Seasonal ingredients, an experienced chef and an interesting menu help distinguish impressive fine-dining newcomer

When Alana's Food and Wine closed earlier this year after a run of nearly two decades, it was a withering loss, especially for University District locavores. Fortunately for such fine diners, a strong successor called Trillium Kitchen & Patio has sprouted up on the same grounds as Alana's.

Trillium Kitchen & Patio is named for the Ohio state flower, the celebrated patio it retained from its predecessor and its sharp kitchen crew, which is led by talented chef and co-owner Bradley Balch, formerly of The Sycamore (which Balch still co-owns). Not mentioned in Trillium's official title: A dramatically remodeled interior that is sleek, bright, modern and awash in brown wood, which starkly plays off white paint and tile.

The crisp look extends to a prominent bar. There, sophisticated cocktails ($10) are created, such as the (currently on hiatus) wine-topped Jefe Sour, a stout-yet-refreshing two-toned twist on the whiskey sour made with Watershed bourbon. For something even stiffer, try the lemon-scented Ohio Vesper shaken with Cocchi Americano, plus Watershed vodka and Four Peel gin. A reasonably priced, solid wine selection is offered, too.

Balch's cuisine is well-described on Trillium's website, which cites global influences plus a focus on high-quality, seasonal ingredients and seafood. His menu is compact, versatile and alluring.

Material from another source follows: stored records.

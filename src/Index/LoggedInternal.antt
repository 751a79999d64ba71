-- ===== src/Index/LoggedInternal.antt =====
-- The handlers of internal nodes log what they change.
use miniob4cqu_db_exp.Common.{
  ℕ, ◌-◌, ◌/◌, refl, false, some, List, [], ◌∷◌, drop, set, inl, inr, List-cases,
}
use miniob4cqu_db_exp.Index.Page.{
  IndexKeys, Key, Item, node, child, internal_init_empty, internal_create_new_root,
  internal_update_key,
}
use miniob4cqu_db_exp.Index.Node.{size, with_items, empty_node}
use miniob4cqu_db_exp.Index.Replay.{redo_page}
use miniob4cqu_db_exp.Index.Logged.{Logged-write, Logs, Logs-bind, Logs-return}
use miniob4cqu_db_exp.Index.LoggedNode.{
  get_page-Logs, load-Logs, load-cases, item_at-cases, item_at-Logs, page_of-Logs,
  set_parent_page_num-Logs, insert_logged-Logs, remove_logged-Logs, shrink_logged-Logs, remove-Logs,
}
use miniob4cqu_db_exp.Index.Internal
use miniob4cqu_db_exp.Index.Internal.{root_items}

module _ (K : IndexKeys) where
  pub init_empty-Logs : (p : ℕ) → Logs K (Internal.init_empty K p)
  unfolding Internal.init_empty redo_page
  init_empty-Logs p s = Logged-write K s (internal_init_empty p) (node (empty_node K false)) refl

  pub create_new_root-Logs :
      (p first_page : ℕ) (key : Key K) (page : ℕ)
      → Logs K (Internal.create_new_root K p first_page key page)
  unfolding Internal.create_new_root redo_page
  create_new_root-Logs p first_page key page s = elim (load-cases K p s) [
    | inl stuck ↦ rw stuck tt
    | inr (n, at, run) ↦ elim (List-cases n.items) [
      | inl h ↦
          rw (run, h)
            (Logged-write K s (internal_create_new_root p first_page key page)
              (node (with_items K (root_items K first_page key page) n))
              (rw at (rw (h, redo_page) refl)))
      | inr (x, items, h) ↦ rw (run, h) tt
    ]
  ]

  pub insert-Logs : (p : ℕ) (key : Key K) (page : ℕ) → Logs K (Internal.insert K p key page)
  unfolding Internal.insert
  insert-Logs p key page =
      Logs-bind K _ _ (load-Logs K p)
        (λ n. insert_logged-Logs K p (Internal.lookup K n key).1 ((key, child page) ∷ []))

  pub set_key_at-Logs : (p index : ℕ) (key : Key K) → Logs K (Internal.set_key_at K p index key)
  unfolding Internal.set_key_at redo_page
  set_key_at-Logs p index key s = elim (load-cases K p s) [
    | inl stuck ↦ rw stuck tt
    | inr (n, at, run) ↦ elim (item_at-cases K n.items index s) [
      | inl past ↦ rw (run, past) tt
      | inr (x, here, found) ↦
          rw (run, found)
            (Logged-write K s (internal_update_key p index key x.0)
              (node (with_items K (set n.items index (key, x.1)) n))
              (rw at (rw (here, redo_page) refl)))
    ]
  ]

  pub set_parents-Logs : (p : ℕ) (items : List (Item K)) → Logs K (Internal.set_parents K p items)
  unfolding Internal.set_parents
  set_parents-Logs p [] = Logs-return K tt
  set_parents-Logs p (x ∷ items) = Logs-bind K _ _ (page_of-Logs K x.1) (λ c.
      Logs-bind K _ _ (get_page-Logs K c) (λ u.
        Logs-bind K _ _ (set_parent_page_num-Logs K c (some p)) (λ v. set_parents-Logs p items)))

  pub insert_items-Logs :
      (p index : ℕ) (items : List (Item K)) → Logs K (Internal.insert_items K p index items)
  unfolding Internal.insert_items
  insert_items-Logs p index items =
      Logs-bind K _ _ (insert_logged-Logs K p index items) (λ u. set_parents-Logs p items)

  pub append-Logs : (p : ℕ) (items : List (Item K)) → Logs K (Internal.append K p items)
  unfolding Internal.append
  append-Logs p items = Logs-bind K _ _ (load-Logs K p) (λ n. insert_items-Logs p (size K n) items)

  pub move_half_to-Logs : (p other : ℕ) → Logs K (Internal.move_half_to K p other)
  unfolding Internal.move_half_to
  move_half_to-Logs p other = Logs-bind K _ _ (load-Logs K p) (λ n.
      Logs-bind K _ _ (append-Logs other (drop (size K n / 2) n.items))
        (λ u. shrink_logged-Logs K p (size K n / 2)))

  pub move_to-Logs : (p other : ℕ) → Logs K (Internal.move_to K p other)
  unfolding Internal.move_to
  move_to-Logs p other =
      Logs-bind K _ _ (load-Logs K p) (λ n.
        Logs-bind K _ _ (append-Logs other n.items) (λ u. remove_logged-Logs K p 0 (size K n)))

  pub move_first_to_end-Logs : (p other : ℕ) → Logs K (Internal.move_first_to_end K p other)
  unfolding Internal.move_first_to_end
  move_first_to_end-Logs p other = Logs-bind K _ _ (load-Logs K p) (λ n.
      Logs-bind K _ _ (item_at-Logs K n.items 0)
        (λ x. Logs-bind K _ _ (append-Logs other (x ∷ [])) (λ u. remove-Logs K p 0)))

  pub move_last_to_front-Logs : (p other : ℕ) → Logs K (Internal.move_last_to_front K p other)
  unfolding Internal.move_last_to_front
  move_last_to_front-Logs p other = Logs-bind K _ _ (load-Logs K p) (λ n.
      Logs-bind K _ _ (item_at-Logs K n.items (size K n - 1)) (λ x.
        Logs-bind K _ _ (insert_items-Logs other 0 (x ∷ []))
          (λ u. shrink_logged-Logs K p (size K n - 1))))
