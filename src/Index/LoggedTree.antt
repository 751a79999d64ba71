-- ===== src/Index/LoggedTree.antt =====
-- Insertion logs what it changes.
use Prim.Native.Nat.{Ordering}
use miniob4cqu_db_exp.Common.{
  ℕ, zero, suc, ◌-◌, ◌≡◌, refl, Bool, true, false, Rc, Option, some, ltb,
}
use miniob4cqu_db_exp.Common.Step.{Step, failed, and_then}
use miniob4cqu_db_exp.Index.Page.{
  IndexKeys, Key, Node, Page, unused, header, node, Rid, Index, update_root_page,
}
use miniob4cqu_db_exp.Index.Node.{size, set_parent_page_num}
use miniob4cqu_db_exp.Index.Replay.{redo_page}
use miniob4cqu_db_exp.Index.Logged.{
  Ends, Logged-refl, Logged-write, Logs, Logs-bind, Logs-return, Logs-crash, Logs-fail, Logs-ignore,
  if-Logs, case-Logs, option-Logs, option-Ends,
}
use miniob4cqu_db_exp.Index.LoggedNode.{
  get_page-Logs, load-Logs, allocate_page-Logs, item_at-Logs, key_at-Logs, page_of-Logs,
  set_parent_page_num-Logs,
}
use miniob4cqu_db_exp.Index.LoggedLeaf as LoggedLeaf
use miniob4cqu_db_exp.Index.LoggedInternal as LoggedInternal
use miniob4cqu_db_exp.Index.Leaf
use miniob4cqu_db_exp.Index.Internal
use miniob4cqu_db_exp.Index.Tree.{
  Sizes, max_size, first_index_page, update_root_page_num, find_leaf_from, find_leaf_internal,
  child_of, find_leaf, split, grow_root, insert_into_half, insert_entry_into_parent,
  insert_into_full_leaf, insert_entry_into_leaf_node, create_new_tree, insert_entry,
}

module _ (K : IndexKeys) (sizes : Sizes) where
  pub update_root_page_num-Logs : (root : Option ℕ) → Logs K (update_root_page_num K sizes root)
  unfolding update_root_page_num redo_page
  update_root_page_num-Logs root s = by_page (s.pages first_index_page) refl
    where
      by_page :
          (page : Page K)
          → s.pages first_index_page ≡ page
          → Ends K {A = Unit {0}} s (update_root_page_num K sizes root s)
      by_page unused h = rw (h, update_root_page_num) tt
      by_page (node n) h = rw (h, update_root_page_num) tt
      by_page (header old) h =
          rw (h, update_root_page_num)
            (let l =
                Logged-write K s (update_root_page first_index_page root old) (header root)
                  (rw (h, redo_page) refl) in
              record { entries = l.entries; log = l.log; pages = l.pages })

  pub find_leaf_from-Logs :
      (child_page : Node K → Step (Index K) ℕ) (fuel p : ℕ)
      → ((n : Node K) → Logs K (child_page n))
      → Logs K (find_leaf_from K sizes child_page fuel p)
  unfolding find_leaf_from
  find_leaf_from-Logs child_page zero p h = Logs-crash K ℕ
  find_leaf_from-Logs child_page (suc fuel) p h = Logs-bind K _ _ (get_page-Logs K p) (λ u.
      Logs-bind K _ _ (load-Logs K p) (λ n.
        case-Logs K n.is_leaf _ _ (Logs-return K p)
          (Logs-bind K _ _ (h n) (λ c. find_leaf_from-Logs child_page fuel c h))))

  pub find_leaf-Logs : (fuel : ℕ) (key : Key K) → Logs K (find_leaf K sizes fuel key)
  unfolding find_leaf find_leaf_internal child_of
  find_leaf-Logs fuel key s =
      option-Ends K s s.root_page (failed Rc.empty s)
        (λ root. find_leaf_from K sizes (child_of K sizes key) fuel root s) (Logged-refl K s)
        (λ root.
          find_leaf_from-Logs (child_of K sizes key) fuel root
            (λ n.
              Logs-bind K _ _ (item_at-Logs K n.items (Internal.lookup K n key).0)
                (λ x. page_of-Logs K x.1))
            s)

  pub split-Logs : (leaf : Bool) (p : ℕ) → Logs K (split K sizes leaf p)
  unfolding split
  split-Logs leaf p = Logs-bind K _ _ (allocate_page-Logs K) (λ new.
      Logs-bind K _ _
        (if-Logs K leaf _ _ (LoggedLeaf.init_empty-Logs K new)
          (LoggedInternal.init_empty-Logs K new))
        (λ u. Logs-bind K _ _ (load-Logs K p) (λ n.
          Logs-bind K _ _ (set_parent_page_num-Logs K new n.parent) (λ v.
            Logs-bind K _ _
              (Logs-ignore K _ (
                if-Logs K leaf _ _ (LoggedLeaf.move_half_to-Logs K p new)
                  (LoggedInternal.move_half_to-Logs K p new)))
              (λ w. Logs-return K new)))))

  pub grow_root-Logs : (p new : ℕ) (key : Key K) → Logs K (grow_root K sizes p new key)
  unfolding grow_root
  grow_root-Logs p new key = Logs-bind K _ _ (allocate_page-Logs K) (λ root.
      Logs-bind K (Internal.init_empty K root) _ (LoggedInternal.init_empty-Logs K root) (λ u.
        Logs-bind K (Internal.create_new_root K root p key new) _
          (LoggedInternal.create_new_root-Logs K root p key new)
          (λ v. Logs-bind K _ _ (set_parent_page_num-Logs K p (some root)) (λ w.
            Logs-bind K _ _ (set_parent_page_num-Logs K new (some root))
              (λ x. update_root_page_num-Logs (some root))))))

  insert_below-Logs :
      (parent new : ℕ) (key : Key K)
      → Logs K (λ s.
        and_then
          (Internal.insert K parent key new s)
          (λ u. set_parent_page_num K new (some parent)))
  insert_below-Logs parent new key =
      Logs-bind K _ _ (LoggedInternal.insert-Logs K parent key new)
        (λ u. set_parent_page_num-Logs K new (some parent))

  pub insert_into_half-Logs :
      (parent new_parent new : ℕ) (key : Key K)
      → Logs K (insert_into_half K sizes parent new_parent new key)
  unfolding insert_into_half
  insert_into_half-Logs parent new_parent new key =
      Logs-bind K _ _ (key_at-Logs K new_parent 0)
        (λ middle. by_order (K.order.compare_keys key middle))
    where
      by_order :
          (o : Ordering)
          → Logs K {A = Unit {0}} (elim o as (λ x. Step (Index K) (Unit {0})) [
            | Ordering.gt ↦ λ s.
                and_then
                  (Internal.insert K new_parent key new s)
                  (λ u. set_parent_page_num K new (some new_parent))
            | _ ↦ λ s.
                and_then
                  (Internal.insert K parent key new s)
                  (λ u. set_parent_page_num K new (some parent))
          ])
      by_order Ordering.gt = insert_below-Logs new_parent new key
      by_order Ordering.lt = insert_below-Logs parent new key
      by_order Ordering.eq = insert_below-Logs parent new key

  pub insert_entry_into_parent-Logs :
      (fuel p new : ℕ) (key : Key K) → Logs K (insert_entry_into_parent K sizes fuel p new key)
  unfolding insert_entry_into_parent
  insert_entry_into_parent-Logs zero p new key = Logs-crash K (Unit {0})
  insert_entry_into_parent-Logs (suc fuel) p new key = Logs-bind K _ _ (load-Logs K p) (λ n.
      option-Logs K n.parent _ _ (grow_root-Logs p new key) (λ parent.
        Logs-bind K _ _ (get_page-Logs K parent) (λ u.
          Logs-bind K _ _ (load-Logs K parent) (λ above.
            case-Logs K (ltb (size K above) (max_size K sizes false)) _ _
              (insert_below-Logs parent new key)
              (Logs-bind K _ _ (split-Logs false parent) (λ new_parent.
                Logs-bind K _ _ (insert_into_half-Logs parent new_parent new key) (λ v.
                  Logs-bind K _ _ (key_at-Logs K new_parent 0)
                    (λ middle. insert_entry_into_parent-Logs fuel parent new_parent middle))))))))

  pub insert_into_full_leaf-Logs :
      (fuel p position : ℕ) (key : Key K) (r : Rid)
      → Logs K (insert_into_full_leaf K sizes fuel p position key r)
  unfolding insert_into_full_leaf
  insert_into_full_leaf-Logs fuel p position key r = Logs-bind K _ _ (split-Logs true p) (λ new.
      Logs-bind K _ _ (load-Logs K p) (λ n.
        Logs-bind K (Leaf.set_next_page K new n.next_brother) _
          (LoggedLeaf.set_next_page-Logs K new n.next_brother)
          (λ u. Logs-bind K _ _ (set_parent_page_num-Logs K new n.parent) (λ v.
            Logs-bind K (Leaf.set_next_page K p (some new)) _
              (LoggedLeaf.set_next_page-Logs K p (some new))
              (λ w.
                Logs-bind K _ _
                  (case-Logs K (ltb position (size K n)) _ _
                    (LoggedLeaf.insert-Logs K p position key r)
                    (LoggedLeaf.insert-Logs K new (position - size K n) key r))
                  (λ x.
                    Logs-bind K _ _ (key_at-Logs K new 0)
                      (λ middle. insert_entry_into_parent-Logs fuel p new middle)))))))

  pub insert_entry_into_leaf_node-Logs :
      (fuel p : ℕ) (key : Key K) (r : Rid)
      → Logs K (insert_entry_into_leaf_node K sizes fuel p key r)
  unfolding insert_entry_into_leaf_node
  insert_entry_into_leaf_node-Logs fuel p key r = Logs-bind K _ _ (load-Logs K p) (λ n.
      case-Logs K (Leaf.lookup K n key).1 _ _ (Logs-fail K (Unit {0}) Rc.record_duplicate_key) (
        case-Logs K (ltb (size K n) (max_size K sizes true)) _ _
          (LoggedLeaf.insert-Logs K p (Leaf.lookup K n key).0 key r)
          (insert_into_full_leaf-Logs fuel p (Leaf.lookup K n key).0 key r)))

  pub create_new_tree-Logs : (key : Key K) (r : Rid) → Logs K (create_new_tree K sizes key r)
  unfolding create_new_tree
  create_new_tree-Logs key r s =
      option-Ends K s s.root_page _ (λ root. failed Rc.internal s)
        (Logs-bind K _ _ (allocate_page-Logs K)
          (λ p. Logs-bind K (Leaf.init_empty K p) _ (LoggedLeaf.init_empty-Logs K p) (λ u.
            Logs-bind K (Leaf.insert K p 0 key r) _ (LoggedLeaf.insert-Logs K p 0 key r)
              (λ v. update_root_page_num-Logs (some p))))
          s)
        (λ root. Logged-refl K s)

  pub insert_entry-Logs :
      (fuel : ℕ) (key : Key K) (r : Rid) → Logs K (insert_entry K sizes fuel key r)
  unfolding insert_entry
  insert_entry-Logs fuel key r s =
      option-Ends K s s.root_page (create_new_tree K sizes key r s) _ (create_new_tree-Logs key r s)
        (λ root.
          Logs-bind K _ _ (find_leaf-Logs fuel key)
            (λ leaf. insert_entry_into_leaf_node-Logs fuel leaf key r) s)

For a modest-sized but elegant starter, target the Wild Gulf Prawns ($15) — three big and sweet, oil-poached shrimp partnered with a lovely lemon-butter sauce, Nicoise olives, preserved lemon and a smoky-grilled baby fennel bulb. The properly made, vinegar-spiked Andalusian Gazpacho ($7) with dynamic garnishes is another attractive and delicious first course, albeit a salty one.

Although less photogenic and missing its promised shishito peppers, my good-tasting Ahi Tuna Poke appetizer ($13) with mostly crisp taro chips, funky pickled radishes and vinegary cucumber “noodles,” is better designed for sharing. Ditto for the Lump Crab Wontons ($11), a gloriously transcendent version of crab rangoon, a usually underwhelming dish.

Asia also inspires two ample meat-and-noodle-packed “summer rolls” served with a wakame salad and an addictive aioli (Duck Confit Vietnamese Spring Rolls, $11). A particularly hearty starter, the herb-kissed Pork Cheek Poutine ($9), seems to grace every table for good reasons: seductive wine-laced gravy, succulent, pot roast-like meat, excellent house fries and Laurel Valley cheese curds.

Pig meat reappears in the Ohio-raised McDowell Farms Pork Chop ($25), an entree highlight. This Southern-style showstopper stars a seared and grill-crusted, thick-cut chop characteristically teamed with multiple accompaniments such as andouille sausage coins, comforting Shagbark bacon-cheddar grits, braised greens, jalapeno-peach “jammie” and luscious redeye gravy.

Another tricked-out dish awaits fresh-fish fans: Homestead Springs Ohio Trout ($25). A generous piece of tender but salty, pan-fried local trout is supported by two crisp-pancetta-wrapped prawns, ocean-scented, squid-ink linguine, a little chili, fresh greens, preserved lemon, oyster and shiitake mushrooms, and intriguing if gratuitous “smoked beet confit.”

Vegetarians can score big, too, with the Shagbark Spelt Pasta ($19). A virtual garden of herbs, purple radishes, broccolini, spinach, corn and more are flattered by soothing, fruity, and spicy accents from charred-jalapeno butter and a black garlic and tomato chutney.

The Trillium S'mores ($7) — a campfire classic reimagined with peanut butter cups, a huge toasted and amorphous meringue “marshmallow” and milk-chocolate anglaise — is about as sweet as the kiddie original. It's amusing, but I prefer the Seasonal Fruit Crisp ($7) with warm peaches, mint, a crunchy crumble topping and Johnson's vanilla ice cream.

I experienced some niggling misfires, such as a shrug of a gumbo ($8) and the burnt-not-crisp crostini that accompanied an otherwise winning fried chicken happy hour special ($5). Although terrific once, on another occasion the Spinach and Bibb Salad ($7) was barely dressed. And uncommonly knowledgeable servers can occasionally launch into unrequested loquacious recitations.

Nonetheless, this still-new replacement for a late-and-lamented “top 10” restaurant is off to an impressive, “top-10”-type start.